# It may be time to part company with my co-op



## cindy-e (Feb 14, 2008)

How do you handle these transitions with your kids? It may be time to part company with my co-op. We are moving in different directions, and I am pretty sure that what they are doing next year will not meet ANY of my educational goals (except writing, and well, I'm the teacher for that class.) That makes me sad. I would miss these folks. 
My kids will be EXCEEDINGLY unhappy with me if I drop it though. I need help thinking this one through...

Cindyc.


----------



## meanwhile (Dec 13, 2007)

Something similar happened to us with two co-ops. One just did not have any classes we needed but my then 14 year old signed up for one class anyway just to have the social time. That did not work! My younger son and I would "hang out" in the car for the 2.5 hour time since the Parent who held the co-op decided no one could play in her yard but for students who paid........it was an hour drive EACH way.....so 4.5 hours for my 14 year old to "chat" around at a 30 min lunch......we had to stop that one.

The other co-op also did not have classes we needed but we did continue for lunch time and outings for a while.

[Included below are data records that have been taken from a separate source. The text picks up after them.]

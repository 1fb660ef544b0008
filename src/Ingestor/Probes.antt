-- ===== src/Ingestor/Probes.antt =====
-- consumer.py, the probes, and api.py's status codes.
use agentic_ml_engineering_l.Base.{
  ℕ, ◌-◌, ◌≤◌, String, Bool, true, false, not, ◌&&◌, Option, none, some, ◌≡◌, ◌==◌, ◌↔◌, ltb, arith,
  ◌⊎◌, if◌then◌else◌,
}
use agentic_ml_engineering_l.Base.Equality.{string_eq}
use agentic_ml_engineering_l.Ingestor.{Settings}

-- The fields that the probes read; `thread_alive` is none before `start`.
pub record ProbeState : Type 0 where
  pub loop_error : Option String
  pub thread_alive : Option Bool
  pub stop_set : Bool
  pub last_progress_at : ℕ
  pub assigned : Bool
  pub last_commit_error : Option String

-- The reasons, without their layout as text.
pub data Reason : Type 0 where
  loop_died : String → Reason
  thread_exited : Reason
  stalled_for : ℕ → Reason
  live : Reason
  no_assignment : Reason
  commit_rejected : String → Reason
  ready : Reason

-- `if self.loop_error:`; the text, unless it is None or empty.
abbrev pub truthy : Option String → Option String
truthy none = none
truthy (some t) = if t == "" then none else some t

-- A thread that was started and is not alive.
abbrev pub exited : Option Bool → Bool
exited none = false
exited (some alive) = not alive

abbrev pub started : Option Bool → Bool
started none = false
started (some alive) = true

-- `now` is the clock; it does not run backwards.
unfoldable pub liveness : Settings → ℕ → ProbeState → Bool × Reason
liveness s now p = elim (truthy p.loop_error) [
  | some t ↦ (false, loop_died t)
  | none ↦
      if exited p.thread_alive && not p.stop_set
      then (false, thread_exited)
      else if started p.thread_alive && ltb s.stall_timeout (now - p.last_progress_at)
      then (false, stalled_for (now - p.last_progress_at))
      else (true, live)
]

unfoldable pub readiness : Settings → ℕ → ProbeState → Bool × Reason
unfolding liveness
readiness s now p =
    if (liveness s now p).0
    then if p.assigned
      then elim (truthy p.last_commit_error) [
        | some t ↦ (false, commit_rejected t)
        | none ↦ (true, ready)
      ]
      else (false, no_assignment)
    else (false, (liveness s now p).1)

unfoldable pub status_code : Bool × Reason → ℕ
status_code r = if r.0 then 200 else 503

-- What the docstring calls alive: no recorded death, no unexpected exit, progress in time.
pub record IsAlive (s : Settings) (now : ℕ) (p : ProbeState) : Type 0 where
  pub no_error : truthy p.loop_error ≡ none
  pub running : (exited p.thread_alive ≡ false) ⊎ (p.stop_set ≡ true)
  pub moving : (started p.thread_alive ≡ false) ⊎ (now - p.last_progress_at ≤ s.stall_timeout)

-- GET /health gives 200 exactly when the loop is alive.
pub liveness-IsAlive :
    (s : Settings) (now : ℕ) (p : ProbeState)
    → (status_code (liveness s now p) ≡ 200) ↔ IsAlive s now p
unfolding liveness status_code
liveness-IsAlive s now p = (λ h. ground arith, λ h. ground arith)

-- GET /ready gives 200 exactly when the loop is alive, partitions are assigned, and the last offset
-- commit was not rejected (with a text).
pub readiness-IsReady :
    (s : Settings) (now : ℕ) (p : ProbeState)
    → (status_code (readiness s now p) ≡ 200)
      ↔ (IsAlive s now p × (p.assigned ≡ true) × (truthy p.last_commit_error ≡ none))
unfolding readiness status_code
readiness-IsReady s now p = (λ h. ground arith, λ h. ground arith)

That worked better but the site moved too far away and we gradually stopped.

For me it has been my boys who wanted to stop a group before I was ready. Every time I would try to delay separation, the boys would encourage the end. I listen to them now!

Sorry to go on so long.......maybe you can do lunch time or outings with the co-op until you decide if you want to sign back up or just stop going.


----------



## cindy-e (Feb 14, 2008)

Yea, I had considered the field trip thing... I think I am going to finish out my commitment for the year. But next year is completely up in the air. I am talking with the co-op leader about it. We'll see. I know that my two oldest will not be going back. They are not going to do the Jr. high component for next year. So if we go back it will be only for the younger three.

Cindyc.


----------



## Louisiana Mom (Oct 15, 2004)

Is there a nearby park or family friendly restaurant/diner? You could take a lesson, book, etc and just order coffee, cola, etc. And spend time with your son like that instead of in the car. Are there any other moms in the same situation? You could meet at the park.
We did not participate in any co-ops this past year & we've done fine. The main reason we quit was that they switched to a year at a time. (It used to be 6 weeks a session & I really liked that) They also changed to a more "school" format for the only choices (2 for each grade/s) That just did not appeal to our family.
Now a few of us families have been meeting 2x a month at a park. It's not a "co-op" but our children enjoy this more than sitting in a class. They get to run, play & fish at the park. 
We have talked about getting together at each others houses from time to time too if we wanted to have a "class" type thing here and there. Like crafts, science experiments, country studies w/everyone bringing a food, whatever that particular mom is good at or would like to share.
To me that is more of a co-op. 
The co-ops around here have changed and it is getting more & more expensive & lasting longer & longer. I guess that appeals to some, but not us!


----------



## JennNY (Aug 10, 2006)

I guess you need to figure out what you want out of the co-op and if it isn't meeting your needs, then it might be time to move on.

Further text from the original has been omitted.